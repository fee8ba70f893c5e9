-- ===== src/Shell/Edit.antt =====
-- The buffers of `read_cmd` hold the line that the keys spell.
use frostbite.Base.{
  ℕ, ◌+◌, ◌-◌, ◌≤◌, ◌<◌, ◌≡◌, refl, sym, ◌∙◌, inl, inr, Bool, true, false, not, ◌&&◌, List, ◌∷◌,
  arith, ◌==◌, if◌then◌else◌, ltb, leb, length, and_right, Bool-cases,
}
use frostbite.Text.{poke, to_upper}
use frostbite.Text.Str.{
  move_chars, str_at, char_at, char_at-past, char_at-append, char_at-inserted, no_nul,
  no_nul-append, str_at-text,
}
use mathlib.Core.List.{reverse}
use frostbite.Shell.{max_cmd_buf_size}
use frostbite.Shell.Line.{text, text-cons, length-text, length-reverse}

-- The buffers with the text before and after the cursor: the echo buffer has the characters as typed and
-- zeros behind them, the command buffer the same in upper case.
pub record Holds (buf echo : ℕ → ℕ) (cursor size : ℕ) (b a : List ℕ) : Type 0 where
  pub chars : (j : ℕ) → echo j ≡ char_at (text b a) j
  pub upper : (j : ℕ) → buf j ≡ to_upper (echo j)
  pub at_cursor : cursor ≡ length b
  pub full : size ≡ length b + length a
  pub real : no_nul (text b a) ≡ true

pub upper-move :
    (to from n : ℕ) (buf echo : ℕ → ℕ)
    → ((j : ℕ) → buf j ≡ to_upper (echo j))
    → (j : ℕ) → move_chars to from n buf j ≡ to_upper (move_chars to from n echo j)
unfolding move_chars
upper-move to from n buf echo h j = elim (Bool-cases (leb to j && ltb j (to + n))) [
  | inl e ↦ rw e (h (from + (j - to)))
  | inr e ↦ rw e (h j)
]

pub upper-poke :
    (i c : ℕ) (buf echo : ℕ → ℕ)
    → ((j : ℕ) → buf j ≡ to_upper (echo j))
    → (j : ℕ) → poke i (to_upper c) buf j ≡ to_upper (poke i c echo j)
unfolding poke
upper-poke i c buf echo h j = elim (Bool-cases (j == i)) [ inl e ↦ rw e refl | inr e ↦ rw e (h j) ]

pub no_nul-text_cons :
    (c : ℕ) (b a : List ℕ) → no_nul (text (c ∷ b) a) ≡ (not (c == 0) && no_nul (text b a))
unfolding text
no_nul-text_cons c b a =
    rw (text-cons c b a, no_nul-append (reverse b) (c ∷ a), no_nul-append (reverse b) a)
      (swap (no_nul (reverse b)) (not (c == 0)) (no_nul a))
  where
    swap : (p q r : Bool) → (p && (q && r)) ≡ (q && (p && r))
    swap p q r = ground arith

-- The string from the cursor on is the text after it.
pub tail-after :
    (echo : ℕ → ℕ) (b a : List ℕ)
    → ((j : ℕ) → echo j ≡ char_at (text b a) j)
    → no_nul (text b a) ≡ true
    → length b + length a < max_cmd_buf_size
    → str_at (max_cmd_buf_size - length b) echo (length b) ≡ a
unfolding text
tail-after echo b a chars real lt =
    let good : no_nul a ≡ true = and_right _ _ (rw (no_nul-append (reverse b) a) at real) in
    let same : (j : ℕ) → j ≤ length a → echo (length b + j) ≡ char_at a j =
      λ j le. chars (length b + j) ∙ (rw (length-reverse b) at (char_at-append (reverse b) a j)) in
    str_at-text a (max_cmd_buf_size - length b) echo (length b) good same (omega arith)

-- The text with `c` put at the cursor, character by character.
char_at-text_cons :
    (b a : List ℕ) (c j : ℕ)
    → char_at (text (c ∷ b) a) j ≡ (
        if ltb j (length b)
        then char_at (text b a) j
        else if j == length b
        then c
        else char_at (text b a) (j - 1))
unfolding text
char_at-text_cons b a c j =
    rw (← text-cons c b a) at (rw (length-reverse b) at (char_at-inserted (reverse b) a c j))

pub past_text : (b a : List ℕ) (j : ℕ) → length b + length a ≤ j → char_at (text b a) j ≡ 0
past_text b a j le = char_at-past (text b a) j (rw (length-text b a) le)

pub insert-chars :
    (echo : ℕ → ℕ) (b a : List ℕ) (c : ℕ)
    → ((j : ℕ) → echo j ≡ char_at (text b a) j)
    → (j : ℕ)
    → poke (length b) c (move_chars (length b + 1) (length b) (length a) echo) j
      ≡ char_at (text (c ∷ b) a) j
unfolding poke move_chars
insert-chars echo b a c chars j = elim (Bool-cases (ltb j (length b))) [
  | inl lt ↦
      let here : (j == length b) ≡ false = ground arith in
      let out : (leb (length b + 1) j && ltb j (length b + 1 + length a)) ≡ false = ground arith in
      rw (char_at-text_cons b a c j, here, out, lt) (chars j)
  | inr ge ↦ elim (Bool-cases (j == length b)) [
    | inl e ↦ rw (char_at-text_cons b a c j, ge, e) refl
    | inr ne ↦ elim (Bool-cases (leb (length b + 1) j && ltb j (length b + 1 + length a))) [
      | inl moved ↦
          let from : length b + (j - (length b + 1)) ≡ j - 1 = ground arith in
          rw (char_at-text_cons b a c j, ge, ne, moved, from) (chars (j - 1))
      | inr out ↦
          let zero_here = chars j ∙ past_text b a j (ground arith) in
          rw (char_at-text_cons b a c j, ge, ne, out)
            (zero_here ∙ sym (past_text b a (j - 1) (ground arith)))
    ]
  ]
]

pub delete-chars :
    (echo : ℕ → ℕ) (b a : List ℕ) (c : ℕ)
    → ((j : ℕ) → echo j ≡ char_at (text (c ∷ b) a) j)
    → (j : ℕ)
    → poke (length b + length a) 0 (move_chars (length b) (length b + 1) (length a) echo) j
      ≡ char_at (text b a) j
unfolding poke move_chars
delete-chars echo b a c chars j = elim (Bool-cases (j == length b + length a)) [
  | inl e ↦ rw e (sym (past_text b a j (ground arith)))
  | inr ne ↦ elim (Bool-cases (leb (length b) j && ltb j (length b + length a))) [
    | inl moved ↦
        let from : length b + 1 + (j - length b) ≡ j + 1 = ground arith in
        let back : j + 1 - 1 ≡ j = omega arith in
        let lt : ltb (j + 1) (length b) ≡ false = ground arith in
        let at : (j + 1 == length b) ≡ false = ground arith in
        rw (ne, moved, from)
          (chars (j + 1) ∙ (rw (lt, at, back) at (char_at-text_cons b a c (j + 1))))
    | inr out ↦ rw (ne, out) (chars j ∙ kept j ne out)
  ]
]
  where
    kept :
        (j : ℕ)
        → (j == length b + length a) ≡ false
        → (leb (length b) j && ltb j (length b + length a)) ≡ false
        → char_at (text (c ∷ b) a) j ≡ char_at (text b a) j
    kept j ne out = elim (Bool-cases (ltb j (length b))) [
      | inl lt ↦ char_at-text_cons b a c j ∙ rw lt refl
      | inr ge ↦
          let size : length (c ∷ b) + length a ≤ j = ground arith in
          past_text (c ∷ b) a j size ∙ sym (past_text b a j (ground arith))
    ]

○ ○ ○

Task brief: Repeat the records above exactly, from the first line to the last.

Task solution:
repository fee8ba70f893c5e9
-- ===== src/Shell/Edit.antt =====
-- The buffers of `read_cmd` hold the line that the keys spell.
use frostbite.Base.{
  ℕ, ◌+◌, ◌-◌, ◌≤◌, ◌<◌, ◌≡◌, refl, sym, ◌∙◌, inl, inr, Bool, true, false, not, ◌&&◌, List, ◌∷◌,
  arith, ◌==◌, if◌then◌else◌, ltb, leb, length, and_right, Bool-cases,
}
use frostbite.Text.{poke, to_upper}
use frostbite.Text.Str.{
  move_chars, str_at, char_at, char_at-past, char_at-append, char_at-inserted, no_nul,
  no_nul-append, str_at-text,
}
use mathlib.Core.List.{reverse}
use frostbite.Shell.{max_cmd_buf_size}
use frostbite.Shell.Line.{text, text-cons, length-text, length-reverse}

-- The buffers with the text before and after the cursor: the echo buffer has the characters as typed and
-- zeros behind them, the command buffer the same in upper case.
pub record Holds (buf echo : ℕ → ℕ) (cursor size : ℕ) (b a : List ℕ) : Type 0 where
  pub chars : (j : ℕ) → echo j ≡ char_at (text b a) j
  pub upper : (j : ℕ) → buf j ≡ to_upper (echo j)
  pub at_cursor : cursor ≡ length b
  pub full : size ≡ length b + length a
  pub real : no_nul (text b a) ≡ true

pub upper-move :
    (to from n : ℕ) (buf echo : ℕ → ℕ)
    → ((j : ℕ) → buf j ≡ to_upper (echo j))
    → (j : ℕ) → move_chars to from n buf j ≡ to_upper (move_chars to from n echo j)
unfolding move_chars
upper-move to from n buf echo h j = elim (Bool-cases (leb to j && ltb j (to + n))) [
  | inl e ↦ rw e (h (from + (j - to)))
  | inr e ↦ rw e (h j)
]

pub upper-poke :
    (i c : ℕ) (buf echo : ℕ → ℕ)
    → ((j : ℕ) → buf j ≡ to_upper (echo j))
    → (j : ℕ) → poke i (to_upper c) buf j ≡ to_upper (poke i c echo j)
unfolding poke
upper-poke i c buf echo h j = elim (Bool-cases (j == i)) [ inl e ↦ rw e refl | inr e ↦ rw e (h j) ]

pub no_nul-text_cons :
    (c : ℕ) (b a : List ℕ) → no_nul (text (c ∷ b) a) ≡ (not (c == 0) && no_nul (text b a))
unfolding text
no_nul-text_cons c b a =
    rw (text-cons c b a, no_nul-append (reverse b) (c ∷ a), no_nul-append (reverse b) a)
      (swap (no_nul (reverse b)) (not (c == 0)) (no_nul a))
  where
    swap : (p q r : Bool) → (p && (q && r)) ≡ (q && (p && r))
    swap p q r = ground arith

-- The string from the cursor on is the text after it.
pub tail-after :
    (echo : ℕ → ℕ) (b a : List ℕ)
    → ((j : ℕ) → echo j ≡ char_at (text b a) j)
    → no_nul (text b a) ≡ true
    → length b + length a < max_cmd_buf_size
    → str_at (max_cmd_buf_size - length b) echo (length b) ≡ a
unfolding text
tail-after echo b a chars real lt =
    let good : no_nul a ≡ true = and_right _ _ (rw (no_nul-append (reverse b) a) at real) in
    let same : (j : ℕ) → j ≤ length a → echo (length b + j) ≡ char_at a j =
      λ j le. chars (length b + j) ∙ (rw (length-reverse b) at (char_at-append (reverse b) a j)) in
    str_at-text a (max_cmd_buf_size - length b) echo (length b) good same (omega arith)

-- The text with `c` put at the cursor, character by character.
char_at-text_cons :
    (b a : List ℕ) (c j : ℕ)
    → char_at (text (c ∷ b) a) j ≡ (
        if ltb j (length b)
        then char_at (text b a) j
        else if j == length b
        then c
        else char_at (text b a) (j - 1))
unfolding text
char_at-text_cons b a c j =
    rw (← text-cons c b a) at (rw (length-reverse b) at (char_at-inserted (reverse b) a c j))

pub past_text : (b a : List ℕ) (j : ℕ) → length b + length a ≤ j → char_at (text b a) j ≡ 0
past_text b a j le = char_at-past (text b a) j (rw (length-text b a) le)

pub insert-chars :
    (echo : ℕ → ℕ) (b a : List ℕ) (c : ℕ)
    → ((j : ℕ) → echo j ≡ char_at (text b a) j)
    → (j : ℕ)
    → poke (length b) c (move_chars (length b + 1) (length b) (length a) echo) j
      ≡ char_at (text (c ∷ b) a) j
unfolding poke move_chars
insert-chars echo b a c chars j = elim (Bool-cases (ltb j (length b))) [
  | inl lt ↦
      let here : (j == length b) ≡ false = ground arith in
      let out : (leb (length b + 1) j && ltb j (length b + 1 + length a)) ≡ false = ground arith in
      rw (char_at-text_cons b a c j, here, out, lt) (chars j)
  | inr ge ↦ elim (Bool-cases (j == length b)) [
    | inl e ↦ rw (char_at-text_cons b a c j, ge, e) refl
    | inr ne ↦ elim (Bool-cases (leb (length b + 1) j && ltb j (length b + 1 + length a))) [
      | inl moved ↦
          let from : length b + (j - (length b + 1)) ≡ j - 1 = ground arith in
          rw (char_at-text_cons b a c j, ge, ne, moved, from) (chars (j - 1))
      | inr out ↦
          let zero_here = chars j ∙ past_text b a j (ground arith) in
          rw (char_at-text_cons b a c j, ge, ne, out)
            (zero_here ∙ sym (past_text b a (j - 1) (ground arith)))
    ]
  ]
]

pub delete-chars :
    (echo : ℕ → ℕ) (b a : List ℕ) (c : ℕ)
    → ((j : ℕ) → echo j ≡ char_at (text (c ∷ b) a) j)
    → (j : ℕ)
    → poke (length b + length a) 0 (move_chars (length b) (length b + 1) (length a) echo) j
      ≡ char_at (text b a) j
unfolding poke move_chars
delete-chars echo b a c chars j = elim (Bool-cases (j == length b + length a)) [
  | inl e ↦ rw e (sym (past_text b a j (ground arith)))
  | inr ne ↦ elim (Bool-cases (leb (length b) j && ltb j (length b + length a))) [
    | inl moved ↦
        let from : length b + 1 + (j - length b) ≡ j + 1 = ground arith in
        let back : j + 1 - 1 ≡ j = omega arith in
        let lt : ltb (j + 1) (length b) ≡ false = ground arith in
        let at : (j + 1 == length b) ≡ false = ground arith in
        rw (ne, moved, from)
          (chars (j + 1) ∙ (rw (lt, at, back) at (char_at-text_cons b a c (j + 1))))
    | inr out ↦ rw (ne, out) (chars j ∙ kept j ne out)
  ]
]
  where
    kept :
        (j : ℕ)
        → (j == length b + length a) ≡ false
        → (leb (length b) j && ltb j (length b + length a)) ≡ false
        → char_at (text (c ∷ b) a) j ≡ char_at (text b a) j
    kept j ne out = elim (Bool-cases (ltb j (length b))) [
      | inl lt ↦ char_at-text_cons b a c j ∙ rw lt refl
      | inr ge ↦
          let size : length (c ∷ b) + length a ≤ j = ground arith in
          past_text (c ∷ b) a j size ∙ sym (past_text b a j (ground arith))
    ]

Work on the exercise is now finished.